**Task directions**.
Of all the lines in the records below, copy only those that contain the string "abbrev".

**Extracted data**.
-- ===== src/Agent/RoundTrip.antt =====
-- An audit entry is read back.
use Prim.Native.String
use asl3_api.Prelude.{
  ℕ, suc, ◌-◌, Char, String, code, Bool, true, false, not, Option, none, some, List, [], ◌∷◌, ◌++◌,
  length, drop, codes, format, all_chars, cons_head, is_empty, ltb, ◌==◌, if◌then◌else◌, nil-append,
  cons-append, append_assoc, length-append, ◌≡◌, refl, ap, sym, ◌∙◌, arith, inl, inr, Bool-cases,
}
use asl3_api.Config.{pos}
use asl3_api.Software.{strip, strip_right}
use asl3_api.Transport.{starts}
use asl3_api.Agent.Newlines.{
  is_not_newline, ends_newline, universal_line, universal-append, ends_newline-universal,
}
use asl3_api.Agent.Audit.{
  Entry, entry_text, appended, audit_log, universal, readlines, recent, cut_bar, read_entry,
  read_entries, get_audit_log,
}

abbrev pub is_not_bar : ℕ → Bool
is_not_bar n = not (n == b'|')

abbrev line_step : Char → List String → List String
line_step c rest = if code c == 10 then "\n" ∷ rest else cons_head c rest

line_step-append :
    (c : Char) (xs ys : List String) {z : String} {zs : List String}
    → xs ≡ z ∷ zs
    → line_step c (xs ++ ys) ≡ line_step c xs ++ ys
line_step-append c [] ys e = absurd (ground arith)
line_step-append c (x ∷ xs) ys e = elim (Bool-cases (code c == 10)) [
  | inl newline ↦ rw newline refl
  | inr other ↦ rw other refl
]

readlines_filled :
    (c : Char) (s : String)
    → (z : String) × (zs : List String) × (readlines (String.◌∷◌ c s) ≡ z ∷ zs)
unfolding readlines
readlines_filled c s = elim (Bool-cases (code c == 10)) [
  | inl newline ↦ ("\n", readlines s, rw newline refl)
  | inr other ↦ let (z, zs, e) = headed (readlines s) in (z, zs, rw other e)
]
  where
    headed : (rest : List String) → (z : String) × (zs : List String) × (cons_head c rest ≡ z ∷ zs)
    headed [] = (_, _, refl)
    headed (x ∷ xs) = (_, _, refl)

strip_right-newline : (s : String) → strip_right (String.◌++◌ s "\n") ≡ strip_right s
unfolding strip_right
strip_right-newline String.[] = refl
strip_right-newline (String.◌∷◌ c s) = rw (cons-append, strip_right-newline s) refl

strip-newline : (s : String) → strip (String.◌++◌ s "\n") ≡ strip s
unfolding strip strip_right
strip-newline String.[] = refl
strip-newline (String.◌∷◌ c s) = rw (cons-append, strip-newline s, strip_right-newline s) refl

readlines_line :
    (s : String)
    → all_chars is_not_newline s ≡ true
    → readlines (String.◌++◌ s "\n") ≡ String.◌++◌ s "\n" ∷ []
unfolding readlines all_chars
readlines_line String.[] h = rw nil-append refl
readlines_line (String.◌∷◌ c s) h = elim (Bool-cases (code c == 10)) [
  | inl newline ↦ absurd (ground (arith, h, newline))
  | inr other ↦ rw (cons-append, readlines_line s (ground (arith, h, other)), other) refl
]

readlines-append :
    (a b : String)
    → ends_newline a ≡ true
    → readlines (String.◌++◌ a b) ≡ readlines a ++ readlines b
unfolding readlines
readlines-append String.[] b h = rw nil-append refl
readlines-append (String.◌∷◌ c String.[]) b h = rw (cons-append, nil-append, h) refl
readlines-append (String.◌∷◌ c (String.◌∷◌ d s)) b h =
    let (z, zs, filled) = readlines_filled d s in
    ap readlines (cons-append c (String.◌∷◌ d s) b)
    ∙ ap (line_step c) (readlines-append (String.◌∷◌ d s) b h)
    ∙ line_step-append c (readlines (String.◌∷◌ d s)) (readlines b) filled

second_not_bar :
    (t rest : String)
    → all_chars is_not_bar t ≡ true
    → starts (b'|' ∷ b' ' ∷ []) (codes (String.◌++◌ t (String.◌++◌ " | " rest))) ≡ false
unfolding all_chars starts
second_not_bar String.[] rest h = rw (nil-append, cons-append) refl
second_not_bar (String.◌∷◌ c t) rest h = rw cons-append (ground (arith, h))

-- The first bar of a text whose beginning has none.
cut_bar-append :
    (t rest : String)
    → all_chars is_not_bar t ≡ true
    → cut_bar (String.◌++◌ t (String.◌++◌ " | " rest)) ≡ some (t, rest)
unfolding cut_bar all_chars starts
cut_bar-append String.[] rest h =
    rw (nil-append, cons-append, cons-append, cons-append, nil-append) refl
cut_bar-append (String.◌∷◌ c t) rest h =
    let plain : all_chars is_not_bar t ≡ true = ground (arith, h) in
    let later = cut_bar-append t rest plain in
    let no_bar = second_not_bar t rest plain in
    elim (Bool-cases (b' ' == code c)) [
      | inl space ↦ rw (cons-append, space, no_bar, later) refl
      | inr other ↦ rw (cons-append, other, later) refl
    ]

-- The line of an entry.
abbrev pub line_of : String → String → String → String
line_of timestamp command details =
    String.◌++◌ timestamp (String.◌++◌ " | " (String.◌++◌ command (String.◌++◌ " | " details)))

entry_text-line_of :
    (timestamp command details : String)
    → entry_text timestamp command details ≡ String.◌++◌ (line_of timestamp command details) "\n"
unfolding format
entry_text-line_of timestamp command details =
    sym (rw (append_assoc, append_assoc, append_assoc, append_assoc) refl)

line_filled : (t rest : String) → is_empty (String.◌++◌ t (String.◌++◌ " | " rest)) ≡ false
line_filled String.[] rest = rw (nil-append, cons-append) refl
line_filled (String.◌∷◌ c t) rest = rw cons-append refl

drop-append : (xs ys : List String) → drop (length xs) (xs ++ ys) ≡ ys
drop-append [] ys = refl
drop-append (x ∷ xs) ys = drop-append xs ys

recent_last : (xs : List String) (y : String) → recent (pos 1) (xs ++ y ∷ []) ≡ y ∷ []
unfolding recent
recent_last [] y = refl
recent_last (x ∷ xs) y =
    let more = length-append xs (y ∷ []) in
    let long : ltb 1 (suc (length (xs ++ y ∷ []))) ≡ true = ground (arith, more) in
    let all_but_one : suc (length (xs ++ y ∷ [])) - 1 ≡ suc (length xs) = omega (arith, more) in
    rw (long, all_but_one) (drop-append xs (y ∷ []))

abbrev pub entry_of : String → String → String → Entry
entry_of timestamp command details = record {
  timestamp = timestamp;
  command = some command;
  details = some details;
  raw = line_of timestamp command details;
}

read_entry-line_of :
    (timestamp command details : String)
    → all_chars is_not_bar timestamp ≡ true
    → all_chars is_not_bar command ≡ true
    → read_entry (line_of timestamp command details) ≡ entry_of timestamp command details
unfolding read_entry
read_entry-line_of timestamp command details t c =
    rw
      (
        cut_bar-append timestamp (String.◌++◌ command (String.◌++◌ " | " details)) t,
        cut_bar-append command details c,
      )
      refl

read_entries_last :
    (line : String)
    → strip line ≡ line
    → is_empty line ≡ false
    → read_entries (String.◌++◌ line "\n" ∷ []) ≡ read_entry line ∷ []
unfolding read_entries
read_entries_last line stripped filled = rw (strip-newline line, stripped, filled) refl

abbrev pub is_whole : Option String → Bool
is_whole none = true
is_whole (some log) = ends_newline log

abbrev lines_before : Option String → List String
lines_before none = []
lines_before (some log) = readlines (universal log)

readlines-appended :
    (log : Option String) (line : String)
    → is_whole log ≡ true
    → all_chars is_not_newline line ≡ true
    → readlines (universal (appended log (String.◌++◌ line "\n")))
      ≡ lines_before log ++ String.◌++◌ line "\n" ∷ []
readlines-appended none line whole plain =
    ap readlines (universal_line line plain) ∙ readlines_line line plain
readlines-appended (some log) line whole plain =
    ap readlines (
      universal-append log (String.◌++◌ line "\n") whole
      ∙ ap (λ t. String.◌++◌ (universal log) t) (universal_line line plain))
    ∙ readlines-append (universal log) (String.◌++◌ line "\n") (ends_newline-universal log whole)
    ∙ ap (λ ls. readlines (universal log) ++ ls) (readlines_line line plain)

-- The entry that was last written to the audit log is read back with its three fields, if its
-- timestamp and its command have no bar, its line has no carriage return, no line feed inside and no white
-- space at its ends, and the log ended with a line end.
pub get_audit_log-audit_log :
    (log : Option String) (timestamp command details : String)
    → is_whole log ≡ true
    → all_chars is_not_bar timestamp ≡ true
    → all_chars is_not_bar command ≡ true
    → all_chars is_not_newline (line_of timestamp command details) ≡ true
    → strip (line_of timestamp command details) ≡ line_of timestamp command details
    → get_audit_log (pos 1) (audit_log true timestamp command details log)
      ≡ entry_of timestamp command details ∷ []
unfolding get_audit_log audit_log
get_audit_log-audit_log log timestamp command details whole t c plain stripped =
    let line = line_of timestamp command details in
    ap (λ text. read_entries (recent (pos 1) (readlines (universal (appended log text)))))
      (entry_text-line_of timestamp command details)
    ∙ ap (λ ls. read_entries (recent (pos 1) ls)) (readlines-appended log line whole plain)
    ∙ ap read_entries (recent_last (lines_before log) (String.◌++◌ line "\n"))
    ∙ read_entries_last line stripped
        (line_filled timestamp (String.◌++◌ command (String.◌++◌ " | " details)))
    ∙ ap (λ e. e ∷ []) (read_entry-line_of timestamp command details t c)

**Exercise response**.
abbrev pub is_not_bar : ℕ → Bool
abbrev line_step : Char → List String → List String
abbrev pub line_of : String → String → String → String
abbrev pub entry_of : String → String → String → Entry
abbrev pub is_whole : Option String → Bool
abbrev lines_before : Option String → List String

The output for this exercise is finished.